Take an old pan you don't care about and heat up water to a simmer in it. Take one of the plastic Folger's (or other coffee) cans and put the candles that you want to melt down into it, then set the Folger's can in the pan of hot water. This makes a double boiler to melt the wax. 

When the wax is melted, pull the wicks out of the wax. If these wicks are the same size as the wicks the old candles had, you can use them as the wicks; if they are smaller in diameter, you'll need thicker wicking material to get a good burn on the candle you are making in the jar. If you are going the use the old wicks, straighten them as you remove them from the wax, leaving a coating of wax on the wick. Using a votive candle wick holder (those little square tabs you find on the bottom of votive candles - you can get them in craft stores or recycle them off the candles you have), fasten the wick to it.
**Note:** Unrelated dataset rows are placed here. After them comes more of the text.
-- ===== src/Cache/Files.antt =====
-- The two older caches of repository/models/cache.py, with S3FileMixin and SafeDeleteMixin of
-- core/mixins.py. gzip is a parameter, `fails` says whose file the storage does not delete, and times
-- are in seconds.
pub mod Newest
use thunderstore.Prelude.{
  ℕ, ◌+◌, ◌*◌, Bool, true, false, not, ◌&&◌, ◌||◌, Option, none, some, List, [], ◌∷◌, ◌++◌, ltb,
  leb, if◌then◌else◌, is_some, select, Text, text_eq,
}
use thunderstore.Names.{is_nil}
use thunderstore.Profiles.Refinement.{dropped}

-- A row of either cache, with the identifier of its community; `file_data` is the stored file.
pub record CacheFile : Type 0 where
  pub community : Option Text
  pub file_data : Option Text
  pub last_modified : ℕ
  pub is_deleted : Bool

-- `S3FileMixinQueryset.active`
abbrev pub is_active_file : CacheFile → Bool
is_active_file c = not (c.is_deleted || elim c.file_data [ none ↦ true | some d ↦ false ])

-- `order_by("-last_modified").first()`
unfoldable pub newest_of : Option CacheFile → List CacheFile → Option CacheFile
newest_of best [] = best
newest_of none (c ∷ cs) = newest_of (some c) cs
newest_of (some b) (c ∷ cs) =
    if ltb b.last_modified c.last_modified then newest_of (some c) cs else newest_of (some b) cs

unfoldable pub get_latest : List CacheFile → Option CacheFile
unfolding newest_of
get_latest rows = newest_of none (select is_active_file rows)

abbrev pub is_of : Text → CacheFile → Bool
is_of identifier c = elim c.community [ none ↦ false | some i ↦ text_eq i identifier ]

-- `get_latest_for_community`
unfoldable pub get_latest_for : Text → List CacheFile → Option CacheFile
unfolding newest_of
get_latest_for identifier rows =
    if is_nil identifier
    then none
    else newest_of none (select (is_of identifier) (select is_active_file rows))

-- `update` and `update_for_community`
unfoldable pub add_file : (Text → Text) → Option Text → ℕ → Text → List CacheFile → List CacheFile
add_file compress community now content rows =
    rows
    ++ record {
      community = community;
      file_data = some (compress content);
      last_modified = now;
      is_deleted = false;
    }
      ∷ []

module _ (fails : CacheFile → Bool) where
  -- The deletion of the rows that pass a test, one after another. A row is marked before its file is
  -- deleted, and where that raises the loop ends with the row still there.
  unfoldable pub delete_each : (CacheFile → Bool) → List CacheFile → List CacheFile × Bool
  delete_each test [] = ([], true)
  delete_each test (c ∷ cs) =
      let rest = delete_each test cs in
      let gone = if fails c then (record c { is_deleted = true } ∷ cs, false) else rest in
      if test c then gone else (c ∷ rest.0, rest.1)

  -- `APIExperimentalPackageIndexCache.drop_stale_cache`
  unfoldable pub drop_stale_index : List CacheFile → List CacheFile × Bool
  unfolding get_latest delete_each
  drop_stale_index rows = elim (get_latest rows) [
    | none ↦ (rows, true)
    | some latest ↦ delete_each (λ c. leb (c.last_modified + 3 * 60 * 60) latest.last_modified) rows
  ]

  -- The loop over the communities of `APIV1PackageCache.drop_stale_cache`
  unfoldable pub drop_stale_of_each : List Text → List CacheFile → List CacheFile × Bool
  unfolding get_latest_for delete_each
  drop_stale_of_each [] rows = (rows, true)
  drop_stale_of_each (i ∷ is) rows =
      let dropped : List CacheFile × Bool = elim (get_latest_for i rows) [
        | none ↦ (rows, true)
        | some latest ↦
            delete_each (λ c. leb (c.last_modified + 60 * 60) latest.last_modified && is_of i c)
              rows
      ] in
      let continued = drop_stale_of_each is dropped.0 in if dropped.1 then continued else dropped

  unfoldable pub drop_stale_v1 : List Text → List CacheFile → List CacheFile × Bool
  unfolding drop_stale_of_each
  drop_stale_v1 identifiers rows =
      let dropped = drop_stale_of_each identifiers rows in
      let orphans = delete_each (λ c. not (is_some c.community)) dropped.0 in
      if dropped.1 then orphans else dropped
When the wick is cool and hard, place it in the bottom of the jar, carefully centering it so the finished candle will burn evenly. 

Then remove the coffee can from the water and very slowly pour the hot wax into the jar, making sure the wick stays centered. One way to do that is to tape the wick to a pencil placed across the top of the jar and taped into place. Another is to pour only a small amount of the wax in at first and allow it to cool and harden before pouring in the rest; then carefully pour the rest in and guide the wick to keep it centered. Either way, fill the jar to about an inch or so below the brim. As the filled jar candle cools, the wax will contract and form a dip in the top - you can top it off with more wax if you'd like. 
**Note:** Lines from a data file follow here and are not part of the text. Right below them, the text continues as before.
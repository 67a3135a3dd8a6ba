-- ===== src/Cache/Files/Newest.antt =====
-- What the clean-up of the package index leaves.
use mathlib.Core.List.{Memᴰ}
use thunderstore.Prelude.{
  ◌+◌, ◌*◌, ◌≤◌, ◌≡◌, sym, ap, ◌∙◌, subst, inl, inr, Bool, true, false, none, some, List, [], ◌∷◌,
  arith, ltb, leb, Bool-cases, Option-cases, select, All, some_inj,
}
use thunderstore.Cache.Files.{
  CacheFile, is_active_file, newest_of, get_latest, delete_each, drop_stale_index,
}

-- A row that is not active, or is not newer than `l`
abbrev pub IsOlder : CacheFile → CacheFile → Type 0
IsOlder l c = is_active_file c ≡ true → c.last_modified ≤ l.last_modified

select-IsOlder :
    (l : CacheFile) (cs : List CacheFile)
    → All (IsOlder l) cs
    → All (λ (c : CacheFile). c.last_modified ≤ l.last_modified) (select is_active_file cs)
select-IsOlder l [] h = tt
select-IsOlder l (c ∷ cs) (p, h) = elim (Bool-cases (is_active_file c)) [
  | inl e ↦ rw e (p e, select-IsOlder l cs h)
  | inr e ↦ rw e (select-IsOlder l cs h)
]

module _ (l : CacheFile) where
  newest-All :
      (b : CacheFile) (cs : List CacheFile) (m : CacheFile)
      → b.last_modified ≤ l.last_modified
      → All (λ (c : CacheFile). c.last_modified ≤ l.last_modified) cs
      → newest_of (some b) cs ≡ some m
      → m.last_modified ≤ l.last_modified
  unfolding newest_of
  newest-All b [] m p h e =
      subst (λ (x : CacheFile). x.last_modified ≤ l.last_modified) (some_inj e) p
  newest-All b (c ∷ cs) m p (q, h) e = elim (Bool-cases (ltb b.last_modified c.last_modified)) [
    | inl t ↦ newest-All c cs m q h (rw t at e)
    | inr t ↦ newest-All b cs m p h (rw t at e)
  ]

  latest-le :
      (cs : List CacheFile) (m : CacheFile)
      → All (λ (c : CacheFile). c.last_modified ≤ l.last_modified) cs
      → newest_of none cs ≡ some m
      → m.last_modified ≤ l.last_modified
  unfolding newest_of
  latest-le [] m h e = cc
  latest-le (c ∷ cs) m (p, h) e = newest-All c cs m p h e

  module _ (fails test : CacheFile → Bool) where
    delete_each-kept :
        (cs : List CacheFile) → test l ≡ false → Memᴰ l cs → Memᴰ l (delete_each fails test cs).0
    unfolding delete_each
    delete_each-kept [] t m = elim m [ ]
    delete_each-kept (c ∷ cs) t (Memᴰ.head e) = rw (delete_each, ap test (sym e) ∙ t) (Memᴰ.head e)
    delete_each-kept (c ∷ cs) t (Memᴰ.tail m) = elim (Bool-cases (test c)) [
      | inl e ↦ elim (Bool-cases (fails c)) [
        | inl f ↦ rw (delete_each, e, f) (Memᴰ.tail m)
        | inr f ↦ rw (delete_each, e, f) (delete_each-kept cs t m)
      ]
      | inr e ↦ rw (delete_each, e) (Memᴰ.tail (delete_each-kept cs t m))
    ]

-- Whether or not the storage fails, a stored entry of the index that no active one is newer than
-- stays as it is when the stale entries are dropped.
pub drop_stale_index-kept :
    (fails : CacheFile → Bool) (rows : List CacheFile) (l : CacheFile)
    → Memᴰ l rows
    → All (IsOlder l) rows
    → Memᴰ l (drop_stale_index fails rows).0
unfolding drop_stale_index get_latest
drop_stale_index-kept fails rows l m h = elim (Option-cases (get_latest rows)) [
  | inl e ↦ rw (drop_stale_index, e) m
  | inr (latest, e) ↦
      let older = latest-le l (select is_active_file rows) latest (select-IsOlder l rows h) e in
      let kept : leb (l.last_modified + 3 * 60 * 60) latest.last_modified ≡ false =
        ground (arith, older) in
      rw (drop_stale_index, e)
        (delete_each-kept l fails (λ c. leb (c.last_modified + 3 * 60 * 60) latest.last_modified)
          rows kept m)
]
There you go, a new candle. 

Now let the extra wax in the coffee can cool and when cold, store it in the can with the lid on it until the next time you want to make candles. You'd think the plastic can would melt in the boiling water, especially as one edge of the bottom seems to rest right on the bottom of the pan of water, but it doesn't. The plastic cans also have a nice built in handle, and the wax pours out of them well instead of running down the side and making a mess. And the lid keeps the wax clean and dust-free in between uses.

I look at every garage sale for candles - there are often broken or summer heat bowed candles in the free box, or those huge 3 wick pillar candles, just burned a little, for less than $1. That's a lot of candle wax and 3 wicks for under a buck. When I'm melting garage sale candles, I try to group them by general color and scent for melting them down. If you don't, you end up with funky brown/black candles when you melt too many colors together - ugh. (Guess how I know this, lol.)


----------



## cast iron (Oct 4, 2004)

Hmm, maybe I should trek down to Walgrens for some candles.
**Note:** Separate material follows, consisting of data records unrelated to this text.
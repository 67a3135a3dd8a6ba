-- ===== src/Cache/Stale.antt =====
-- `drop_stale_cache` of the chunked package lists in repository/models/cache.py.
use mathlib.Core.List.{Memᴰ}
use thunderstore.Prelude.{
  ℕ, ◌≤◌, ◌≡◌, sym, ap, ◌∙◌, subst, ◌⊎◌, inl, inr, Bool, true, false, none, some, List, [], ◌∷◌,
  arith, ltb, ◌==ℕ◌, Bool-cases, Option-cases, select, update_where, All, All-select, some_inj,
}
use thunderstore.Cache.{
  ChunkedPackageCache, latest_of, get_latest_for_community, is_stale, drop_stale_of,
  drop_stale_cache,
}

abbrev in_community : ℕ → ChunkedPackageCache → Bool
in_community community c = c.community ==ℕ community

-- A cache of another community, or one that is not newer than `l`
abbrev pub NotNewer : ChunkedPackageCache → ChunkedPackageCache → Type 0
NotNewer l c = ((c.community ==ℕ l.community) ≡ false) ⊎ (c.created_at ≤ l.created_at)

-- A cache that is stored, with none of its community newer
abbrev pub IsNewest : ChunkedPackageCache → List ChunkedPackageCache → Type 0
IsNewest l caches = Memᴰ l caches × All (NotNewer l) caches

module _ (P : ChunkedPackageCache → Type 0) where
  latest_of-All :
      (b : ChunkedPackageCache) (cs : List ChunkedPackageCache) (l : ChunkedPackageCache)
      → P b
      → All P cs
      → latest_of (some b) cs ≡ some l
      → P l
  unfolding latest_of
  latest_of-All b [] l p h e = subst P (some_inj e) p
  latest_of-All b (c ∷ cs) l p (q, h) e = elim (Bool-cases (ltb b.created_at c.created_at)) [
    | inl t ↦ latest_of-All c cs l q h (rw t at e)
    | inr t ↦ latest_of-All b cs l p h (rw t at e)
  ]

  latest-All :
      (cs : List ChunkedPackageCache) (l : ChunkedPackageCache)
      → All P cs
      → latest_of none cs ≡ some l
      → P l
  unfolding latest_of
  latest-All [] l h e = cc
  latest-All (c ∷ cs) l (p, h) e = latest_of-All c cs l p h e

All-both :
    (P Q : ChunkedPackageCache → Type 0) (cs : List ChunkedPackageCache)
    → All P cs
    → All Q cs
    → All (λ c. P c × Q c) cs
All-both P Q [] h k = tt
All-both P Q (c ∷ cs) (p, h) (q, k) = ((p, q), All-both P Q cs h k)

All-selected :
    (p : ChunkedPackageCache → Bool) (cs : List ChunkedPackageCache)
    → All (λ c. p c ≡ true) (select p cs)
All-selected p [] = tt
All-selected p (c ∷ cs) = elim (Bool-cases (p c)) [
  | inl e ↦ rw e (e, All-selected p cs)
  | inr e ↦ rw e (All-selected p cs)
]

-- The latest cache of a community is in it, and is not newer than the newest.
latest-NotNewer :
    (community : ℕ) (caches : List ChunkedPackageCache) (l m : ChunkedPackageCache)
    → All (NotNewer l) caches
    → get_latest_for_community community caches ≡ some m
    → ((m.community ==ℕ community) ≡ true) × NotNewer l m
unfolding get_latest_for_community
latest-NotNewer community caches l m h e =
    let p = in_community community in
    latest-All (λ c. (p c ≡ true) × NotNewer l c) (select p caches) m
      (All-both (λ c. p c ≡ true) (NotNewer l) (select p caches) (All-selected p caches)
        (All-select (NotNewer l) p caches h))
      e

soft_delete : ChunkedPackageCache → ChunkedPackageCache
soft_delete c = record c { is_deleted = true }

module _ (p : ChunkedPackageCache → Bool) (l : ChunkedPackageCache) where
  update_where-NotNewer :
      (cs : List ChunkedPackageCache)
      → All (NotNewer l) cs
      → All (NotNewer l) (update_where p soft_delete cs)
  unfolding soft_delete
  update_where-NotNewer [] h = tt
  update_where-NotNewer (c ∷ cs) (q, h) = elim (Bool-cases (p c)) [
    | inl e ↦ rw e (q, update_where-NotNewer cs h)
    | inr e ↦ rw e (q, update_where-NotNewer cs h)
  ]

  update_where-Mem :
      (cs : List ChunkedPackageCache)
      → p l ≡ false
      → Memᴰ l cs
      → Memᴰ l (update_where p soft_delete cs)
  update_where-Mem [] n m = elim m [ ]
  update_where-Mem (c ∷ cs) n (Memᴰ.head e) = Memᴰ.head (rw (ap p (sym e) ∙ n) e)
  update_where-Mem (c ∷ cs) n (Memᴰ.tail m) = Memᴰ.tail (update_where-Mem cs n m)

drop_stale_of-IsNewest :
    (community : ℕ) (caches : List ChunkedPackageCache) (l : ChunkedPackageCache)
    → IsNewest l caches
    → IsNewest l (drop_stale_of community caches)
unfolding drop_stale_of soft_delete
drop_stale_of-IsNewest community caches l (m, h) =
    elim (Option-cases (get_latest_for_community community caches)) [
      | inl e ↦ rw (drop_stale_of, e) (m, h)
      | inr (latest, e) ↦
          let (inside, older) = latest-NotNewer community caches l latest h e in
          let kept : is_stale community latest.created_at l ≡ false = ground arith in
          rw (drop_stale_of, e)
            (
              update_where-Mem (is_stale community latest.created_at) l caches kept m,
              update_where-NotNewer (is_stale community latest.created_at) l caches h,
            )
    ]

-- A stored cache that no cache of its community is newer than stays stored as it is when the stale
-- caches of any communities are dropped, and none is newer then.
pub drop_stale_cache-IsNewest :
    (communities : List ℕ) (caches : List ChunkedPackageCache) (l : ChunkedPackageCache)
    → IsNewest l caches
    → IsNewest l (drop_stale_cache communities caches)
unfolding drop_stale_cache
drop_stale_cache-IsNewest [] caches l h = h
drop_stale_cache-IsNewest (k ∷ ks) caches l h =
    drop_stale_cache-IsNewest ks (drop_stale_of k caches) l (drop_stale_of-IsNewest k caches l h)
We are completely out of fire starters and I have plenty of dryer lint and egg cartons on hand, but as usual no candles/paraffin (other than the candles we have saved for light). Kind of depressing going to the goodwill store because their candle selection is weak and what they do have is priced crazy expensive. So much so that it's almost less expensive to just buy comercial fire starter vs make my own.

Always wondered if places like walmart would have cheaper new candles then goodwills used candles.

Walgrens is much closer than goodwill so I think I'll take a look.


----------



## radiofish (Mar 30, 2007)

I also make my own candles in metal molds or recycled galss containers, but I do not have the means to make taper candles. So I also was at Walgreen's and scored on the taper and small glass jar candles, and tea light candles in their 50% to 75% off of their Holiday items sale today.. 

Made a major score on some fine chocolates left over from Christmas, and they were wrapped and placed into storage this afternoon also..


----------



## shanzone2001 (Dec 3, 2009)

manygoatsnmore said:


> Shanzone, congrats on a great score - another hole in the preps filled. Sweet!
> 
> Here's how I melt candles to make new candles in glass jars:


OK, so I have the materials, what time did you say you would be over tomorrow to help me??? :smiley-laughing013: Thanks for the step-by-step directions. I never liked throwing out my candle jars when they were burnt down, so now I will refill them!!!


----------



## shanzone2001 (Dec 3, 2009)

radiofish said:


> So I also was at Walgreen's and scored on the taper and small glass jar candles, and tea light candles in their 50% to 75% off of their Holiday items sale today.


You and I *must* be the official CA discount candle hoarders!!! I am proud to wear that title!!!


----------



## manygoatsnmore (Feb 12, 2005)

I'm going to town today - I think I'll trek across town to the Walgreens, too. Wayne, you are totally right about Goodwill's candles. They are wicked expensive there, even for the broken up bits and pieces that are only fit to be melted down and re-molded. Sometimes I really wonder if the person doing the pricing has a clue as to retail candle prices. I love to shop Goodwill, but you have to be really careful to know your prices before you buy anything there.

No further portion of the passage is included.